Genetic polymorphism of methionine synthase reductase in young and middle-aged patients with cerebral infarction
10.3760/cma.j.issn.1671-8925.2012.01.009
- VernacularTitle:中青年脑梗死患者蛋氨酸合成酶还原酶基因多态性研究
- Author:
Ai-Ling ZHANG
1
;
Lai-Hui FENG
;
Jun-Fang TENG
;
Xin-Yu ZHAO
Author Information
1. 郑州人民医院
- Keywords:
Cerebral infarction;
Methionine synthase reductase;
Gene polymorphism;
Homocysteine
- From:
Chinese Journal of Neuromedicine
2012;11(1):37-41
- CountryChina
- Language:Chinese
-
Abstract:
Objective To explore the relationship between methionine synthase reductase (MTRR) gene polymorphism and cerebral infarction in young and middle-aged patients. Methods The genotype of MTRR A66G was analyzed by polymerase chain reaction-restrictive fragment length polymorphism (PCR-RFLP) and the plasma homocysteine (Hcy) level was measured by high performance liquid chromatography in 105 young and middle-aged patients with cerebral infarction and 116 age-matched healthy controls.

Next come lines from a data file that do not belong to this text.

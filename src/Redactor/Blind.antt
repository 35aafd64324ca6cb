-- ===== src/Redactor/Blind.antt =====
-- What the redactor lets through: of a redacted field, nothing but what the behavior is written to show.
use db_cluster.Prelude.{
  String, true, false, some, List, ◌==◌, ◌≡◌, inl, inr, refl, ap, ◌∙◌, subst, arith, eq_iff,
  includes, Bool-cases, Option-cases, if◌then◌else◌,
}
use mathlib.Core.Option.{some-injective}
use db_cluster.Json.{Value, str, obj, Fields, end, field, get_field, set_field, keys}
use db_cluster.Policy.{RedactionRule, entity_attributes, command_payload}
use db_cluster.Redactor.{
  is_redacted_marker, redacted_marker, apply_allowlist, unknown_field, preserved_fields_entity,
  preserved_fields_command, rule_for, redacted_attributes, redacted_payload, redact_entity,
  redact_command, object_at, text_at,
}

self_eq : (s : String) → (s == s) ≡ true
self_eq s = (eq_iff s s).1 refl

get-set_field : (e : Fields) (k : String) (v : Value) → get_field (set_field e k v) k ≡ some v
unfolding get_field set_field
get-set_field end k v = rw (self_eq k) refl
get-set_field (field j w rest) k v = elim (Bool-cases (j == k)) [
  | inl e ↦ rw e (rw e refl)
  | inr e ↦ rw e (rw e (get-set_field rest k v))
]

get-set_field_other :
    (e : Fields) (k : String) (v : Value) (j : String)
    → (k == j) ≡ false
    → get_field (set_field e k v) j ≡ get_field e j
unfolding get_field set_field
get-set_field_other end k v j h = rw h refl
get-set_field_other (field i w rest) k v j h = elim (Bool-cases (i == k)) [
  | inl e ↦ ground (arith, eq_iff i k, eq_iff i j, eq_iff k j)
  | inr e ↦ ground (arith, get-set_field_other rest k v j h)
]

get-apply_allowlist :
    (allowed : List String) (o : Fields) (key : String) (v : Value)
    → get_field o key ≡ some v
    → get_field (apply_allowlist allowed o) key
      ≡ some (if includes allowed key then v else unknown_field v)
unfolding get_field apply_allowlist
get-apply_allowlist allowed end key v h = absurd (cc)
get-apply_allowlist allowed (field k w rest) key v h = elim (Bool-cases (k == key)) [
  | inl e ↦
      subst
        (λ x.
          (if k == key
            then some (if includes allowed k then w else unknown_field w)
            else get_field (apply_allowlist allowed rest) key)
          ≡ some (if includes allowed key then x else unknown_field x))
        (some-injective w v (rw e at h))
        (rw e
          (ap (λ j. some (if includes allowed j then w else unknown_field w)) ((eq_iff k key).0 e)))
  | inr e ↦ rw e (get-apply_allowlist allowed rest key v (rw e at h))
]

-- what is written over a field forgets the field
overwrite :
    (allowed : List String) (e : Fields) (k : String) (x y v : Value)
    → set_field (apply_allowlist allowed (set_field e k x)) k v
      ≡ set_field (apply_allowlist allowed (set_field e k y)) k v
unfolding set_field apply_allowlist
overwrite allowed end k x y v = rw (self_eq k) refl
overwrite allowed (field j w rest) k x y v = elim (Bool-cases (j == k)) [
  | inl e ↦ rw e (rw e refl)
  | inr e ↦ rw e (
      rw e (
        ap (field j (if includes allowed j then w else unknown_field w))
          (overwrite allowed rest k x y v)))
]

object_at-set_field :
    (e : Fields) (k : String) (f : Fields) → object_at (set_field e k (obj f)) k ≡ f
unfolding object_at
object_at-set_field e k f = rw (get-set_field e k (obj f), object_at) refl

text_at-set_field : (e : Fields) (k s : String) → text_at (set_field e k (str s)) k ≡ s
unfolding text_at
text_at-set_field e k s = rw (get-set_field e k (str s), text_at) refl

includes-ne :
    (xs : List String) (k s : String)
    → includes xs k ≡ true
    → includes xs s ≡ false
    → (k == s) ≡ false
includes-ne xs k s listed unlisted = elim (Bool-cases (k == s)) [
  | inl e ↦ let same = subst (λ x. includes xs x ≡ true) ((eq_iff k s).0 e) listed in absurd (cc)
  | inr e ↦ e
]

shown_unknown :
    (e : Fields) (rules : List RedactionRule) (key : String) (v : Value)
    → includes preserved_fields_entity key ≡ false
    → get_field e key ≡ some v
    → get_field (redact_entity e rules) key ≡ some (unknown_field v)
unfolding redact_entity
shown_unknown e rules key v unknown h =
    let shown : get_field (apply_allowlist preserved_fields_entity e) key ≡ some (unknown_field v) =
      get-apply_allowlist preserved_fields_entity e key v h
      ∙ ap (λ b. some (if b then v else unknown_field v)) unknown in
    elim (Option-cases (rule_for entity_attributes rules)) [
      | inl n ↦ rw (n, redact_entity) shown
      | inr (rule, r) ↦
          rw (r, redact_entity)
            (get-set_field_other (apply_allowlist preserved_fields_entity e) "attributes"
                (redacted_attributes rule.behavior (keys (object_at e "attributes"))) key
                (includes-ne preserved_fields_entity "attributes" key refl unknown)
              ∙ shown)
    ]

is_redacted_marker-unknown_field : (v : Value) → is_redacted_marker (unknown_field v) ≡ true
unfolding is_redacted_marker redacted_marker get_field
is_redacted_marker-unknown_field v = refl

-- A field that the allowlist of the entities does not name leaves the redactor as a marker, whatever
-- its value and whatever the rules, and `isRedactedMarker` knows the marker.
redact_entity-unknown :
    (e : Fields) (rules : List RedactionRule) (key : String) (v : Value)
    → includes preserved_fields_entity key ≡ false
    → get_field e key ≡ some v
    → (get_field (redact_entity e rules) key ≡ some (unknown_field v))
      × (is_redacted_marker (unknown_field v) ≡ true)
redact_entity-unknown e rules key v unknown h =
    (shown_unknown e rules key v unknown h, is_redacted_marker-unknown_field v)

-- Where a rule redacts the attributes of entities, two entities that differ in the values of their
-- attributes only are redacted to the same record, whatever the behavior of the rule.
pub redact_entity-blind :
    (e f g : Fields) (rules : List RedactionRule) (rule : RedactionRule)
    → rule_for entity_attributes rules ≡ some rule
    → keys f ≡ keys g
    → redact_entity (set_field e "attributes" (obj f)) rules
      ≡ redact_entity (set_field e "attributes" (obj g)) rules
unfolding redact_entity
redact_entity-blind e f g rules rule r h =
    rw
      (
        r,
        redact_entity,
        object_at-set_field e "attributes" f,
        object_at-set_field e "attributes" g,
        h,
      )
      (overwrite preserved_fields_entity e "attributes" (obj f) (obj g)
        (redacted_attributes rule.behavior (keys g)))

-- Where a rule redacts the payloads of commands, two commands that differ in the values of their
-- payloads only are redacted to the same record, whatever the behavior of the rule.
redact_command-blind :
    (c f g : Fields) (rules : List RedactionRule) (rule : RedactionRule)
    → rule_for command_payload rules ≡ some rule
    → keys f ≡ keys g
    → redact_command (set_field c "payload" (obj f)) rules
      ≡ redact_command (set_field c "payload" (obj g)) rules
unfolding redact_command
redact_command-blind c f g rules rule r h =
    rw
      (
        r,
        redact_command,
        object_at-set_field c "payload" f,
        object_at-set_field c "payload" g,
        get-set_field_other c "payload" (obj f) "verb" refl,
        get-set_field_other c "payload" (obj g) "verb" refl,
        h,
      )
      (overwrite preserved_fields_command c "payload" (obj f) (obj g)
        (redacted_payload rule.behavior (keys g) (get_field c "verb")))
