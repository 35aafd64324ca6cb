-- ===== src/Redactor/Examples.antt =====
-- The redactor on concrete records.
use db_cluster.Prelude.{String, List, [], ◌∷◌, ◌≡◌, refl}
use db_cluster.Json.{str, num, obj, Fields, end, field, set_field}
use db_cluster.Policy.{RedactionRule, entity_attributes, command_payload, hash, mask}
use db_cluster.Redactor.{rule_for, redact_entity}
use db_cluster.Redactor.Blind.{redact_entity-blind}

abbrev rules : List RedactionRule
rules =
    record { id = "r1"; target = entity_attributes; behavior = mask; reason = "private" }
    ∷ record { id = "r2"; target = command_payload; behavior = hash; reason = "private" }
    ∷ []

abbrev person : Fields
person =
    field "id" (str "ent_1") (
      field "ssn" (str "123-45-6789")
        (field "attributes" (obj end) (field "version" (num "3") end)))

abbrev attributes_with : String → Fields
attributes_with s = field "city" (str s) (field "age" (num "41") end)

redact_entity-blind_example :
    redact_entity (set_field person "attributes" (obj (attributes_with "Oslo"))) rules
    ≡ redact_entity (set_field person "attributes" (obj (attributes_with "Rome"))) rules
unfolding rule_for
redact_entity-blind_example =
    redact_entity-blind person (attributes_with "Oslo") (attributes_with "Rome") rules
      (record { id = "r1"; target = entity_attributes; behavior = mask; reason = "private" }) refl
      refl
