-- ===== src/Uri/RoundTrip.antt =====
-- Parsing and formatting of cluster URIs are inverse to one another.
use Prim.Native.Char.{code}
use Prim.Native.String
use text.Mathlib.TextLemmas.{nil-append, cons-append}
use text.Mathlib.TextEquality.{Char-path}
use db_cluster.Prelude.{
  subst, String, Bool, true, false, ◌&&◌, ◌||◌, Option, none, some, ◌==◌, includes, All-includes,
  eq_iff, ◌≡◌, inl, inr, refl, arith, Bool-cases, ap, nat_beq, ◌∙◌,
}
use db_cluster.Json.{is_blank}
use db_cluster.Errors.{ok, is_ok, ok-injective}
use db_cluster.Uri.{
  ClusterUri, uri_stores, strip_prefix, after_slash, is_lower, span_lower, is_match, parse_match,
  all_id_chars, groups, match_path, match_uri, parse_cluster_uri, uri_text, format_cluster_uri,
  is_cluster_uri,
}

is_blank-empty : (s : String) → (s == "") ≡ true → is_blank s ≡ true
unfolding is_blank
is_blank-empty s h = rw ((eq_iff s "").0 h)

is_match-parse : (s : String) (m : Option (String × String)) → is_match m ≡ is_ok (parse_match s m)
unfolding is_match parse_match
is_match-parse s none = refl
is_match-parse s (some (store, id)) = ground (arith, is_blank-empty id)

-- `isClusterUri` accepts exactly the texts that `parseClusterUri` parses.
is_cluster_uri-parse : (s : String) → is_cluster_uri s ≡ is_ok (parse_cluster_uri s)
unfolding is_cluster_uri parse_cluster_uri
is_cluster_uri-parse s = is_match-parse s (match_uri s)

strip_prefix-some : (p s : String) {r : String} → strip_prefix p s ≡ some r → String.◌++◌ p r ≡ s
unfolding strip_prefix
strip_prefix-some String.[] s h = rw nil-append (ground arith)
strip_prefix-some (String.◌∷◌ a p) String.[] h = cc
strip_prefix-some (String.◌∷◌ a p) (String.◌∷◌ b s) {r} h =
    elim (Bool-cases (nat_beq (code a) (code b))) [
      | inl e ↦
          rw (cons-append, Char-path a b (ground arith))
            (ap (String.◌∷◌ b) (strip_prefix-some p s (ground arith)))
      | inr e ↦ absurd (ground arith)
    ]

strip_prefix-append : (p r : String) → strip_prefix p (String.◌++◌ p r) ≡ some r
unfolding strip_prefix
strip_prefix-append String.[] r = rw nil-append
strip_prefix-append (String.◌∷◌ a p) r = rw cons-append (ground (arith, strip_prefix-append p r))

span_lower-append : (s : String) → String.◌++◌ (span_lower s).0 (span_lower s).1 ≡ s
unfolding span_lower
span_lower-append String.[] = nil-append ""
span_lower-append (String.◌∷◌ c s) = elim (Bool-cases (is_lower (code c))) [
  | inl e ↦ rw e (rw cons-append (ap (String.◌∷◌ c) (span_lower-append s)))
  | inr e ↦ rw e (nil-append _)
]

after_slash-some : (s : String) {r : String} → after_slash s ≡ some r → String.◌++◌ "/" r ≡ s
after_slash-some String.[] h = cc
after_slash-some (String.◌∷◌ c s) {r} h = elim (Bool-cases (nat_beq (code c) b'/')) [
  | inl e ↦
      rw (cons-append, nil-append, Char-path c "/" (ground arith))
        (ap (String.◌∷◌ "/") (ground arith))
  | inr e ↦ absurd (ground arith)
]

-- a match is the text of its groups
groups-some :
    (store : String) (rest : Option String) {a b : String}
    → groups store rest ≡ some (a, b)
    → (store ≡ a) × (rest ≡ some b)
groups-some store none h = cc
groups-some store (some id) h = ground arith

match_path-some :
    (q : Option String) {a b : String}
    → match_path q ≡ some (a, b)
    → q ≡ some (String.◌++◌ a (String.◌++◌ "/" b))
match_path-some none h = cc
match_path-some (some path) {a} {b} h =
    let (first, second) = groups-some (span_lower path).0 (after_slash (span_lower path).1) h in
    let third = after_slash-some (span_lower path).1 second in cc (span_lower-append path)

match_uri-some : (uri : String) {a b : String} → match_uri uri ≡ some (a, b) → uri_text a b ≡ uri
unfolding match_uri
match_uri-some uri h =
    strip_prefix-some "cluster://" uri (match_path-some (strip_prefix "cluster://" uri) h)

-- what a parse of a match says
abbrev ParsedAs : String → Option (String × String) → ClusterUri → Type 0
ParsedAs uri m u =
    (m ≡ some (u.store, u.id))
    × (u.raw ≡ uri)
    × (format_cluster_uri u.store u.id ≡ ok (uri_text u.store u.id))

parse_match-ok :
    (uri : String) (m : Option (String × String)) (u : ClusterUri)
    → parse_match uri m ≡ ok u
    → ParsedAs uri m u
unfolding parse_match format_cluster_uri
parse_match-ok uri none u h = cc
parse_match-ok uri (some (store, id)) u h = elim (Bool-cases (includes uri_stores store)) [
  | inr unknown ↦ absurd (cc (rw unknown at h))
  | inl known ↦ elim (Bool-cases (id == "" || is_blank id)) [
    | inl empty ↦ absurd (cc (rw (known, empty) at h))
    | inr full ↦
        subst (ParsedAs uri (some (store, id))) (ok-injective (rw (known, full) at h))
          (refl, refl, rw (known, full))
  ]
]

-- A text that parses is the text of its parts: formatting the store and the id gives it back, and
-- it is kept as `raw`.
pub format-parse :
    (uri : String) (u : ClusterUri)
    → parse_cluster_uri uri ≡ ok u
    → (format_cluster_uri u.store u.id ≡ ok uri) × (u.raw ≡ uri)
unfolding parse_cluster_uri
format-parse uri u h =
    let (m, raw, text) = parse_match-ok uri (match_uri uri) u h in
    (text ∙ ap ok (match_uri-some uri m), raw)

all_lower : String → Bool
all_lower String.[] = true
all_lower (String.◌∷◌ c s) = is_lower (code c) && all_lower s

span_lower-all_lower :
    (s t : String)
    → all_lower s ≡ true
    → span_lower t ≡ ("", t)
    → span_lower (String.◌++◌ s t) ≡ (s, t)
unfolding all_lower span_lower
span_lower-all_lower String.[] t h e = rw nil-append e
span_lower-all_lower (String.◌∷◌ c s) t h e =
    rw cons-append (ground (arith, span_lower-all_lower s t))

all_lower-uri_stores : (s : String) → includes uri_stores s ≡ true → all_lower s ≡ true
unfolding all_lower
all_lower-uri_stores s h =
    All-includes (λ x. all_lower x ≡ true) uri_stores s (refl, (refl, (refl, (refl, (refl, tt))))) h

uri_stores-nonempty : (s : String) → includes uri_stores s ≡ true → (s == "") ≡ false
uri_stores-nonempty s h =
    All-includes (λ x. (x == "") ≡ false) uri_stores s (refl, (refl, (refl, (refl, (refl, tt))))) h

span_lower-slash : (id : String) → span_lower (String.◌++◌ "/" id) ≡ ("", String.◌++◌ "/" id)
unfolding span_lower
span_lower-slash id = rw (cons-append, nil-append)

match_uri-uri_text :
    (store id : String)
    → includes uri_stores store ≡ true
    → (id == "") ≡ false
    → all_id_chars id ≡ true
    → match_uri (uri_text store id) ≡ some (store, id)
unfolding match_uri
match_uri-uri_text store id known nonempty chars =
    rw
      (
        strip_prefix-append,
        span_lower-all_lower store (String.◌++◌ "/" id) (all_lower-uri_stores store known)
            (span_lower-slash id),
        cons-append,
        nil-append,
      )
      (rw (uri_stores-nonempty store known, nonempty, chars))

or_false : (a b : Bool) → (a || b) ≡ false → a ≡ false
or_false a b h = ground arith

-- A URI that is formatted from an id without control characters, spaces and DEL parses back to the
-- store and the id.
pub parse-format :
    (store id uri : String)
    → format_cluster_uri store id ≡ ok uri
    → all_id_chars id ≡ true
    → parse_cluster_uri uri ≡ ok (record { store = store; id = id; raw = uri })
unfolding format_cluster_uri parse_cluster_uri parse_match
parse-format store id uri h chars = elim (Bool-cases (includes uri_stores store)) [
  | inr unknown ↦ absurd (cc (rw unknown at h))
  | inl known ↦ elim (Bool-cases (id == "" || is_blank id)) [
    | inl empty ↦ absurd (cc (rw (known, empty) at h))
    | inr full ↦
        let text : uri_text store id ≡ uri = ok-injective (rw (known, full) at h) in
        rw (← text, match_uri-uri_text store id known (or_false _ _ full) chars, known, full)
  ]
]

Results The genotype distribution and allele frequencies of MTRR A 66G gene between the 2 groups had no statistical significance (P>0.05).Stratified analysis,performed according to whether cerebral infarction was complicated with hypertension,diabetes or coronary heart disease,indicated that the frequencies ofGG genotype and G allele in cerebral infarction patients without complications were obviously higher than those in controls (36.4% vs.23.3%,62.1% vs.52.2%),but no statistical significance was noted between them (P>0.05).No statistical difference was observed between cerebral infarction patients with complications and controls (P>0.05). The mean plasma Hcy level in patients and controls with GG genotype was significantly higher than that in patients and controls with AA genotype (P<0.05). Conclusion No association between MTRR A 66G polymorphism and cerebral infarction is noted in young and middle-aged patients, while GG mutant homozygous ofMTRR A66G gene can significantly raise the plasma Hcy level.